Word for word, reproduce the records that follow.

☆ ☆ ☆ ☆

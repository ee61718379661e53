-- ===== src/Pending.antt =====
-- src/eval.rs: the rows of the current base in which the evaluator keeps what is pending: the save
-- stack, the tail that is parked, and the stack of guards. Their nodes are in `state_nodes`.
-- `none` of a push means that the arena's reservation is exhausted; `none` of `tail_take` is that
-- of the source.
pub mod Rows
use x_engine_rust.Prelude.{
  ℕ, zero, suc, ◌+◌, ◌-◌, ◌*◌, ◌/◌, ◌%◌, ◌^◌, ◌≤◌, ◌<◌, bit_and, bit_or, bit_xor, min, max, ◌≡◌,
  refl, ap, ap₂, ◌∙◌, ◌≢◌, ◌↔◌, ◌⊎◌, inl, inr, Bool, true, false, not, ◌&&◌, ◌||◌, Option, none,
  some, List, [], ◌∷◌, ◌++◌, map, reverse, arith, ltb, leb, ◌==◌, if◌then◌else◌, ◌>>=◌, ltb→lt,
  lt→ltb, le→ltb_false, ltb_false→le, le→leb, ==_iff, ==_refl, ne→==_false, ==_false→ne, Bool-cases,
  Option-cases, length, get_or, set, replicate, length-append, length-set, length-replicate,
  get_or-set_self, get_or-set_ne, get_or-beyond, get_or-append_left, get_or-append_right,
}
use x_engine_rust.Obj.{
  Obj, Addr, Word, Flags, EnvId, IsWord, bit_not, word_bytes, nil, is_nil, as_i64, from_i64, offset,
  plus, word_index, byte_in_word, word_base,
}
use x_engine_rust.Objects.{
  Objects, FreeList, bucket, set_bucket, with_heap, header_slot, flags_word, set_flags_word,
  kind_bits, flags, is, type_of_word, set_type_word, slot, data_word, set_data, data_len,
  chain_next, set_chain_next, first, rest, meta_stamped, meta_slot, meta_i, set_meta_i, stamp_meta,
  meta_extra, free_key, take_free, write_header, meta_bits, clear_data, reuse, push_zeros, grow,
  lay_out, count_alloc, slot_heap, slot_type, slot_flags, slot_len, meta_len, flag_meta_bit,
  flag_meta_shift, flag_magic_bit,
}
use x_engine_rust.Value.{spair, is_cell}
use x_engine_rust.Value.Make.{pair, sym}
use x_engine_rust.Objects.Kinds.{codes}

abbrev pub sn_save : ℕ
sn_save = 0

abbrev pub sn_tco_expr : ℕ
sn_tco_expr = 1

abbrev pub sn_tco_env : ℕ
sn_tco_env = 2

abbrev pub sn_handler : ℕ
sn_handler = 3

-- `self.objects.state_nodes[i]`.
abbrev pub state_node : Objects → ℕ → Obj
state_node s i = get_or s.state_nodes i nil

unfoldable pub hide_pending : Objects → Obj × Objects
unfolding first set_data
hide_pending s = let node = state_node s sn_save in (first s node, set_data s node 0 nil)

unfoldable pub restore_pending : Objects → Obj → Objects
unfolding set_data
restore_pending s outer = set_data s (state_node s sn_save) 0 outer

-- A cell of `env` on the stack of a row: the body of `save_push` and of `handler_push`.
unfoldable pub row_push : Objects → ℕ → EnvId → Option Objects
unfolding first spair set_data
row_push s i env = do
  (cell, s1) ← spair s env (first s (state_node s i))
  some (set_data s1 (state_node s i) 0 cell)

unfoldable pub row_pop : Objects → ℕ → Objects
unfolding first rest set_data
row_pop s i = let node = state_node s i in set_data s node 0 (rest s (first s node))

unfoldable pub save_push : Objects → EnvId → Option Objects
unfolding row_push
save_push s env = row_push s sn_save env

unfoldable pub save_pop : Objects → Objects
unfolding row_pop
save_pop s = row_pop s sn_save

unfoldable pub handler_push : Objects → EnvId → Option Objects
unfolding row_push
handler_push s env = row_push s sn_handler env

unfoldable pub handler_pop : Objects → Objects
unfolding row_pop
handler_pop s = row_pop s sn_handler

unfoldable pub handler_active : Objects → Bool
unfolding first
handler_active s = not (is_nil (first s (state_node s sn_handler)))

unfoldable pub nothing_pending : Objects → Bool
unfolding first
nothing_pending s = is_nil (first s (state_node s sn_save))

unfoldable pub park_tail : Objects → Obj → EnvId → Objects
unfolding set_data
park_tail s form env =
    set_data (set_data s (state_node s sn_tco_expr) 0 form) (state_node s sn_tco_env) 0 env

unfoldable pub tail_take : Objects → Option (Obj × EnvId) × Objects
unfolding first set_data
tail_take s =
    let node = state_node s sn_tco_expr in
    let form = first s node in
    let env_node = state_node s sn_tco_env in
    let env = first s env_node in
    if is_nil form
    then (none, s)
    else (some (form, env), set_data (set_data s node 0 nil) env_node 0 nil)

-- The element `n` of an unevaluated spine.
unfoldable pub nth : Objects → Obj → ℕ → Obj
unfolding is_cell first rest
nth s l zero = if is_cell s l then first s l else nil
nth s l (suc n) = if is_cell s l then nth s (rest s l) n else nil

-- The values from the last to the first, each a pair onto the spine.
unfoldable pub value_spine : ℕ → Objects → List Obj → Option (Obj × Objects)
unfolding pair
value_spine fuel s [] = some (nil, s)
value_spine fuel s (v ∷ vals) = do (out, s1) ← value_spine fuel s vals; pair fuel s1 v out

-- The loop of `quote_values`, with the symbol `lit`.
unfoldable pub quote_loop : ℕ → Objects → Obj → List Obj → Option (Obj × Objects)
unfolding pair
quote_loop fuel s lit [] = some (nil, s)
quote_loop fuel s lit (v ∷ vals) = do
  (out, s) ← quote_loop fuel s lit vals
  (inner, s) ← pair fuel s v nil
  (q, s) ← pair fuel s lit inner
  pair fuel s q out

unfoldable pub quote_values : ℕ → Objects → List Obj → Option (Obj × Objects)
unfolding sym quote_loop
quote_values fuel s vals = do (lit, s1) ← sym fuel s (codes "lit"); quote_loop fuel s1 lit vals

☆ ☆ ☆ ☆

Your response ▸
repository ee61718379661e53
-- ===== src/Pending.antt =====
-- src/eval.rs: the rows of the current base in which the evaluator keeps what is pending: the save
-- stack, the tail that is parked, and the stack of guards. Their nodes are in `state_nodes`.
-- `none` of a push means that the arena's reservation is exhausted; `none` of `tail_take` is that
-- of the source.
pub mod Rows
use x_engine_rust.Prelude.{
  ℕ, zero, suc, ◌+◌, ◌-◌, ◌*◌, ◌/◌, ◌%◌, ◌^◌, ◌≤◌, ◌<◌, bit_and, bit_or, bit_xor, min, max, ◌≡◌,
  refl, ap, ap₂, ◌∙◌, ◌≢◌, ◌↔◌, ◌⊎◌, inl, inr, Bool, true, false, not, ◌&&◌, ◌||◌, Option, none,
  some, List, [], ◌∷◌, ◌++◌, map, reverse, arith, ltb, leb, ◌==◌, if◌then◌else◌, ◌>>=◌, ltb→lt,
  lt→ltb, le→ltb_false, ltb_false→le, le→leb, ==_iff, ==_refl, ne→==_false, ==_false→ne, Bool-cases,
  Option-cases, length, get_or, set, replicate, length-append, length-set, length-replicate,
  get_or-set_self, get_or-set_ne, get_or-beyond, get_or-append_left, get_or-append_right,
}
use x_engine_rust.Obj.{
  Obj, Addr, Word, Flags, EnvId, IsWord, bit_not, word_bytes, nil, is_nil, as_i64, from_i64, offset,
  plus, word_index, byte_in_word, word_base,
}
use x_engine_rust.Objects.{
  Objects, FreeList, bucket, set_bucket, with_heap, header_slot, flags_word, set_flags_word,
  kind_bits, flags, is, type_of_word, set_type_word, slot, data_word, set_data, data_len,
  chain_next, set_chain_next, first, rest, meta_stamped, meta_slot, meta_i, set_meta_i, stamp_meta,
  meta_extra, free_key, take_free, write_header, meta_bits, clear_data, reuse, push_zeros, grow,
  lay_out, count_alloc, slot_heap, slot_type, slot_flags, slot_len, meta_len, flag_meta_bit,
  flag_meta_shift, flag_magic_bit,
}
use x_engine_rust.Value.{spair, is_cell}
use x_engine_rust.Value.Make.{pair, sym}
use x_engine_rust.Objects.Kinds.{codes}

abbrev pub sn_save : ℕ
sn_save = 0

abbrev pub sn_tco_expr : ℕ
sn_tco_expr = 1

abbrev pub sn_tco_env : ℕ
sn_tco_env = 2

abbrev pub sn_handler : ℕ
sn_handler = 3

-- `self.objects.state_nodes[i]`.
abbrev pub state_node : Objects → ℕ → Obj
state_node s i = get_or s.state_nodes i nil

unfoldable pub hide_pending : Objects → Obj × Objects
unfolding first set_data
hide_pending s = let node = state_node s sn_save in (first s node, set_data s node 0 nil)

unfoldable pub restore_pending : Objects → Obj → Objects
unfolding set_data
restore_pending s outer = set_data s (state_node s sn_save) 0 outer

-- A cell of `env` on the stack of a row: the body of `save_push` and of `handler_push`.
unfoldable pub row_push : Objects → ℕ → EnvId → Option Objects
unfolding first spair set_data
row_push s i env = do
  (cell, s1) ← spair s env (first s (state_node s i))
  some (set_data s1 (state_node s i) 0 cell)

unfoldable pub row_pop : Objects → ℕ → Objects
unfolding first rest set_data
row_pop s i = let node = state_node s i in set_data s node 0 (rest s (first s node))

unfoldable pub save_push : Objects → EnvId → Option Objects
unfolding row_push
save_push s env = row_push s sn_save env

unfoldable pub save_pop : Objects → Objects
unfolding row_pop
save_pop s = row_pop s sn_save

unfoldable pub handler_push : Objects → EnvId → Option Objects
unfolding row_push
handler_push s env = row_push s sn_handler env

unfoldable pub handler_pop : Objects → Objects
unfolding row_pop
handler_pop s = row_pop s sn_handler

unfoldable pub handler_active : Objects → Bool
unfolding first
handler_active s = not (is_nil (first s (state_node s sn_handler)))

unfoldable pub nothing_pending : Objects → Bool
unfolding first
nothing_pending s = is_nil (first s (state_node s sn_save))

unfoldable pub park_tail : Objects → Obj → EnvId → Objects
unfolding set_data
park_tail s form env =
    set_data (set_data s (state_node s sn_tco_expr) 0 form) (state_node s sn_tco_env) 0 env

unfoldable pub tail_take : Objects → Option (Obj × EnvId) × Objects
unfolding first set_data
tail_take s =
    let node = state_node s sn_tco_expr in
    let form = first s node in
    let env_node = state_node s sn_tco_env in
    let env = first s env_node in
    if is_nil form
    then (none, s)
    else (some (form, env), set_data (set_data s node 0 nil) env_node 0 nil)

-- The element `n` of an unevaluated spine.
unfoldable pub nth : Objects → Obj → ℕ → Obj
unfolding is_cell first rest
nth s l zero = if is_cell s l then first s l else nil
nth s l (suc n) = if is_cell s l then nth s (rest s l) n else nil

-- The values from the last to the first, each a pair onto the spine.
unfoldable pub value_spine : ℕ → Objects → List Obj → Option (Obj × Objects)
unfolding pair
value_spine fuel s [] = some (nil, s)
value_spine fuel s (v ∷ vals) = do (out, s1) ← value_spine fuel s vals; pair fuel s1 v out

-- The loop of `quote_values`, with the symbol `lit`.
unfoldable pub quote_loop : ℕ → Objects → Obj → List Obj → Option (Obj × Objects)
unfolding pair
quote_loop fuel s lit [] = some (nil, s)
quote_loop fuel s lit (v ∷ vals) = do
  (out, s) ← quote_loop fuel s lit vals
  (inner, s) ← pair fuel s v nil
  (q, s) ← pair fuel s lit inner
  pair fuel s q out

unfoldable pub quote_values : ℕ → Objects → List Obj → Option (Obj × Objects)
unfolding sym quote_loop
quote_values fuel s vals = do (lit, s1) ← sym fuel s (codes "lit"); quote_loop fuel s1 lit vals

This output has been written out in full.